* _What is being asked_:
Your answer must be every line of the data below that holds the string "antt", copied exactly.
Supplied entries: Begin
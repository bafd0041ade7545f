-- ===== src/Serving/Rounds.antt =====
-- conn.go: the turns of the loop run of a listener.
use iouring_go.Base.{ℕ, suc, ◌≡◌, ◌≢◌, true, List, Option, none, some, arith}
use iouring_go.Base.Int.{ℤ, to_u64}
use iouring_go.Base.Outcome.{Outcome, done, panic}
use iouring_go.Entry.{SubmitEntry}
use iouring_go.Queue.{CompletionQueue}
use iouring_go.Ring.{Ring, Kernel, enter_get_events}
use iouring_go.Ring.Entering.{answer_of}
use iouring_go.Ops.Prepare.{IsReady}
use iouring_go.Connection.Answering.{IsHonest, entered}
use iouring_go.Connection.Polling.{entered-IsReady}
use iouring_go.Listener.{Conn, Conns, walk_cq}
use iouring_go.Listener.Polls.{polled, poll_entry, on_listen-polled}
use iouring_go.Serving.{
  RingListener, Turn, ended, going, handle, deliver, accepted, with_r, welcome, round, out_of_range,
}

-- The ring with the queue that walkCq leaves.
abbrev pub with_walked : Ring → CompletionQueue → Ring
with_walked r cq = record r { cq = cq }

-- The ring after onListen.
abbrev pub welcomed_on : ℕ → Ring → Conn → ℤ → List ℕ → List ℕ → Ring
welcomed_on k r c fd a b =
    polled k (polled k r (poll_entry fd 0 a)) (poll_entry c.fd (to_u64 c.fd) b)

module _ (kernel : Kernel) (k : ℕ) (accept : ℤ → Option ℤ) (peer : ℤ → List ℕ) (conns : Conns) where
  -- What a turn makes of the kernel's answer.
  pub data Rounded (l : RingListener) : Outcome (Turn × RingListener) → Type 0 where
    stopped : l.stopped ≡ true → Rounded l (done (ended, l))
    refused :
        (answer_of kernel 1024 1 enter_get_events l.r).errno ≢ 0
        → Rounded l (
            done (
              going,
              handle
                  (answer_of kernel 1024 1 enter_get_events l.r).errno
                  (with_r l (entered kernel l.r)),
            ))
    not_printed :
        (answer_of kernel 1024 1 enter_get_events l.r).errno ≡ 0
        → out_of_range (entered kernel l.r) ≡ true
        → Rounded l panic
    quiet :
        {cq' : CompletionQueue}
        → (answer_of kernel 1024 1 enter_get_events l.r).errno ≡ 0
        → walk_cq (answer_of kernel 1024 1 enter_get_events l.r).cq conns ≡ done (none, cq')
        → Rounded l (done (going, with_r l (with_walked (entered kernel l.r) cq')))
    not_accepted :
        {c : Conn} {cq' : CompletionQueue}
        → (answer_of kernel 1024 1 enter_get_events l.r).errno ≡ 0
        → walk_cq (answer_of kernel 1024 1 enter_get_events l.r).cq conns ≡ done (some c, cq')
        → accept c.fd ≡ none
        → Rounded l panic
    welcomed :
        {c : Conn} {cq' : CompletionQueue} {fd : ℤ}
        → (answer_of kernel 1024 1 enter_get_events l.r).errno ≡ 0
        → walk_cq (answer_of kernel 1024 1 enter_get_events l.r).cq conns ≡ done (some c, cq')
        → accept c.fd ≡ some fd
        → (a b : SubmitEntry)
        → Rounded l (
            done (
              going,
              deliver (accepted peer l fd) (
                  with_r l
                    (welcomed_on k (with_walked (entered kernel l.r) cq') c fd a.anon0 b.anon0)),
            ))

  abbrev pub Rounds : ℕ → RingListener → Type 0
  Rounds fuel l = Rounded l (round kernel fuel accept peer conns l)

  pub walked-IsReady :
      {r : Ring} (cq : CompletionQueue) → IsReady k r → IsReady k (with_walked r cq)
  walked-IsReady cq h = record { valid = h.valid; free = h.free; room = h.room }

  pub welcome-welcomed :
      (fuel : ℕ) (l : RingListener) (c : Conn) (cq' : CompletionQueue) (fd : ℤ)
      → IsHonest k kernel
      → IsReady k l.r
      → accept c.fd ≡ some fd
      → (a b : SubmitEntry) × (welcome kernel
            (suc fuel)
            accept
            peer
            c
            (with_r l (with_walked (entered kernel l.r) cq'))
          ≡ done (
            going,
            deliver (accepted peer l fd) (
                with_r l
                  (welcomed_on k (with_walked (entered kernel l.r) cq') c fd a.anon0 b.anon0)),
          ))
  unfolding welcome
  welcome-welcomed fuel l c cq' fd honest ready e =
      let r : Ring = with_walked (entered kernel l.r) cq' in
      let (a, b, h) =
        on_listen-polled accept k fuel c fd r
          (walked-IsReady cq' (entered-IsReady kernel l.r honest ready)) e in
      (a, b, ground (arith, h))
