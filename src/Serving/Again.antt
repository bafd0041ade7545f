-- ===== src/Serving/Again.antt =====
-- conn.go: a completion for the listening socket at the head of the queue, turn after turn.
use iouring_go.Base.{
  ℕ, zero, suc, ◌+◌, ◌-◌, ◌^◌, ◌<◌, ◌≤◌, ◌≡◌, refl, ap, ◌∙◌, false, List, [], ◌∷◌, ◌++◌, Option,
  none, some, bit_and, length, get_elem?, set, take, drop, arith, length-append, length-set,
  get_elem?-set_self, lt_of_get,
}
use native.Mathlib.Nat.{mod-le}
use iouring_go.Base.Bits.{bit_and_mask}
use iouring_go.Base.Int.{ℤ}
use iouring_go.Base.Outcome.{Outcome, done, spin, panic}
use iouring_go.Entry.{CompletionEntry}
use iouring_go.Queue.{SubmitQueue, CompletionQueue}
use iouring_go.Lookup.{marked}
use iouring_go.Ring.{Ring, Kernel, EnterCall, enter_get_events}
use iouring_go.Ring.Entering.{answer_of, call_of, enter-Returned}
use iouring_go.Ops.Prepare.{IsReady}
use iouring_go.Connection.Answering.{IsHonest, entered}
use iouring_go.Connection.Polling.{entered-IsReady}
use iouring_go.Listener.{Conn, Conns, conn_of, look, mark, walk_cq}
use iouring_go.Listener.Polls.{polled-IsReady}
use iouring_go.Serving.{
  RingListener, out_of_range, Accepted, Turn, ended, going, waiting, deliver, accepted, with_r,
  heard, after_enter, round,
}
use iouring_go.Serving.Rounds.{walked-IsReady, with_walked, welcomed_on, welcome-welcomed}

-- The entry at the head `h` is for a connection of the map, and the tail stands behind it.
pub record Standing (k h : ℕ) (conns : Conns) (conn : Conn) (cq : CompletionQueue) : Type 0 where
  pub entry : CompletionEntry
  pub head : cq.head ≡ h
  pub mask_ones : cq.mask ≡ 2 ^ k - 1
  pub at : get_elem? cq.entries (bit_and cq.head cq.mask) ≡ some entry
  pub named : conn_of entry.user_data conns ≡ some conn
  pub behind : bit_and cq.head cq.mask < bit_and cq.tail cq.mask
  pub fits : bit_and cq.tail cq.mask < length cq.entries

get_elem?-take_lt :
    (n i : ℕ) (xs : List CompletionEntry) {c : CompletionEntry}
    → i < n
    → get_elem? xs i ≡ some c
    → get_elem? (take n xs) i ≡ some c
get_elem?-take_lt zero i xs lt h = absurd (omega (arith, lt))
get_elem?-take_lt (suc n) i [] lt h = cc
get_elem?-take_lt (suc n) zero (x ∷ xs) lt h = h
get_elem?-take_lt (suc n) (suc i) (x ∷ xs) lt h = get_elem?-take_lt n i xs (omega (arith, lt)) h

drop-at :
    (i : ℕ) (xs : List CompletionEntry) {c : CompletionEntry}
    → get_elem? xs i ≡ some c
    → drop i xs ≡ c ∷ drop (suc i) xs
drop-at i [] h = cc
drop-at zero (x ∷ xs) h = ground arith
drop-at (suc i) (x ∷ xs) h = drop-at i xs h

look-first :
    (i : ℕ) (c : CompletionEntry) (rest : List CompletionEntry) (conns : Conns) (conn : Conn)
    → conn_of c.user_data conns ≡ some conn
    → look i (c ∷ rest) i false conns ≡ some (i, i, conn)
unfolding look
look-first i c rest conns conn h = ground (arith, h)

-- The queue after a walk that finds it.
abbrev pub marked_at : CompletionQueue → CompletionEntry → CompletionQueue
marked_at cq c = record cq { entries = set cq.entries (bit_and cq.head cq.mask) (marked c) }

module _ {k h : ℕ} {conns : Conns} {conn : Conn} where
  pub walk_cq-again :
      (cq : CompletionQueue) (s : Standing k h conns conn cq)
      → walk_cq cq conns ≡ done (some conn, marked_at cq s.entry)
  unfolding walk_cq mark
  walk_cq-again cq s =
      let i : ℕ = bit_and cq.head cq.mask in
      let t : ℕ = bit_and cq.tail cq.mask in
      let low : i ≤ cq.head =
        omega (
          arith,
          ap (bit_and cq.head) s.mask_ones,
          bit_and_mask k cq.head,
          mod-le cq.head (2 ^ k),
        ) in
      let found : look i (drop i (take (suc t) cq.entries)) i false conns ≡ some (i, i, conn) =
        ap (λ es. look i es i false conns)
          (drop-at i (take (suc t) cq.entries)
            (get_elem?-take_lt (suc t) i cq.entries (omega (arith, s.behind)) s.at))
        ∙ look-first i s.entry (drop (suc i) (take (suc t) cq.entries)) conns conn s.named in
      ground (arith, s.behind, found, s.at, low)

  marked-Standing :
      (cq : CompletionQueue) (s : Standing k h conns conn cq)
      → Standing k h conns conn (marked_at cq s.entry)
  marked-Standing cq s =
      let i : ℕ = bit_and cq.head cq.mask in
      record {
        entry = marked s.entry;
        head = s.head;
        mask_ones = s.mask_ones;
        at = get_elem?-set_self cq.entries i (marked s.entry) (lt_of_get cq.entries i s.at);
        named = s.named;
        behind = s.behind;
        fits = omega (arith, s.fits, length-set cq.entries i (marked s.entry));
      }

deliver_room :
    (c : Accepted) (l : RingListener)
    → length l.new_conn < 1024
    → deliver c l ≡ record l { new_conn = l.new_conn ++ c ∷ [] }
unfolding deliver
deliver_room c l room = ground (arith, room)

debug_off : (r : Ring) → r.debug ≡ false → out_of_range r ≡ false
unfolding out_of_range
debug_off r e = ground (arith, e)

module _ (kernel : Kernel) (accept : ℤ → Option ℤ) (peer : ℤ → List ℕ) (conns : Conns) where
  -- Turns of the loop, until one does not go on.
  unfoldable pub turns : ℕ → ℕ → RingListener → Outcome (Turn × RingListener)
  turns fuel zero l = done (going, l)
  turns fuel (suc n) l = elim (round kernel fuel accept peer conns l) [
    | done (going, l') ↦ turns fuel n l'
    | done (ended, l') ↦ done (ended, l')
    | done (waiting, l') ↦ done (waiting, l')
    | spin ↦ spin
    | panic ↦ panic
  ]

  -- A listener in the middle of its work.
  record Works (k m h : ℕ) (conn : Conn) (l : RingListener) : Type 0 where
    ready : IsReady k l.r
    standing : Standing m h conns conn l.r.cq
    running : l.stopped ≡ false
    free : l.sending ≡ none
    silent : l.r.debug ≡ false

  module _ {k m h : ℕ} {conn : Conn} {fd : ℤ} (honest : IsHonest k kernel)
      (takes : (c : EnterCall) (sq : SubmitQueue) (cq : CompletionQueue)
        → (kernel c sq cq).errno ≡ 0)
      (keeps : (c : EnterCall) (sq : SubmitQueue) (cq : CompletionQueue)
        → Standing m h conns conn cq
        → Standing m h conns conn (kernel c sq cq).cq)
      (accepts : accept conn.fd ≡ some fd) where
    one_turn :
        (fuel : ℕ) (l : RingListener)
        → Works k m h conn l
        → length l.new_conn < 1024
        → (l' : RingListener) × (round kernel (suc fuel) accept peer conns l ≡ done (going, l'))
          × Works k m h conn l'
          × (length l'.new_conn ≡ length l.new_conn + 1)
    unfolding round after_enter heard
    one_turn fuel l w room =
        let a = answer_of kernel 1024 1 enter_get_events l.r in
        let s : Standing m h conns conn a.cq = keeps _ _ l.r.cq w.standing in
        let cq' : CompletionQueue = marked_at a.cq s.entry in
        let (res, ran, ret) = enter-Returned kernel fuel 1024 1 enter_get_events l.r w.ready.free in
        let (x, y, v) =
          welcome-welcomed kernel k accept peer conns fuel l conn cq' fd honest w.ready accepts in
        let r' : Ring =
          welcomed_on k (with_walked (entered kernel l.r) cq') conn fd x.anon0 y.anon0 in
        let walked = walk_cq-again a.cq s in
        let told = deliver_room (accepted peer l fd) (with_r l r') room in
        (
          record l { r = r'; new_conn = l.new_conn ++ accepted peer l fd ∷ [] },
          ground (
            arith,
            w.free,
            w.running,
            ran,
            takes (call_of 1024 1 enter_get_events l.r) (record (l.r.sq) { entered = 1 }) l.r.cq,
            ret,
            debug_off (entered kernel l.r) w.silent,
            walked,
            v,
            told,
          ),
          record {
            ready = polled-IsReady _ (
                polled-IsReady _ (
                  walked-IsReady kernel k accept peer conns cq'
                    (entered-IsReady kernel l.r honest w.ready)));
            standing = marked-Standing a.cq s;
            running = w.running;
            free = w.free;
            silent = w.silent;
          },
          length-append l.new_conn (accepted peer l fd ∷ []),
        )

    -- A listener that is running without debug output, on a ready ring, and with room in its channel; a
    -- kernel that takes every entry, keeps the shape of the queues, and does not take the completion for
    -- the listening socket from the head of the queue, nor wraps around it; and an accept4 that gives a
    -- descriptor for that socket whenever it is called, the same one: every turn finds that completion again,
    -- accepts one more connection and delivers it, and the head stays where it is.
    pub turns-accept :
        (fuel n : ℕ) (l : RingListener)
        → IsReady k l.r
        → Standing m h conns conn l.r.cq
        → l.stopped ≡ false
        → l.sending ≡ none
        → l.r.debug ≡ false
        → length l.new_conn + n ≤ 1024
        → (l' : RingListener) × (turns (suc fuel) n l ≡ done (going, l'))
          × (length l'.new_conn ≡ length l.new_conn + n)
          × (l'.r.cq.head ≡ h)
    unfolding turns
    turns-accept fuel zero l ready standing running free silent room =
        (l, refl, omega arith, standing.head)
    turns-accept fuel (suc n) l ready standing running free silent room =
        let (l₁, ran, w, longer) =
          one_turn fuel l
            (record {
              ready = ready;
              standing = standing;
              running = running;
              free = free;
              silent = silent;
            })
            (omega (arith, room)) in
        let (l₂, rest, long, head) =
          turns-accept fuel n l₁ w.ready w.standing w.running w.free w.silent
            (omega (arith, room, longer)) in
        (l₂, ground (arith, ran, rest), omega (arith, long, longer), head)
Supplied entries: End
* _Solved exercise_:
-- ===== src/Serving/Rounds.antt =====
filename src/Serving/Again.antt
-- ===== src/Serving/Again.antt =====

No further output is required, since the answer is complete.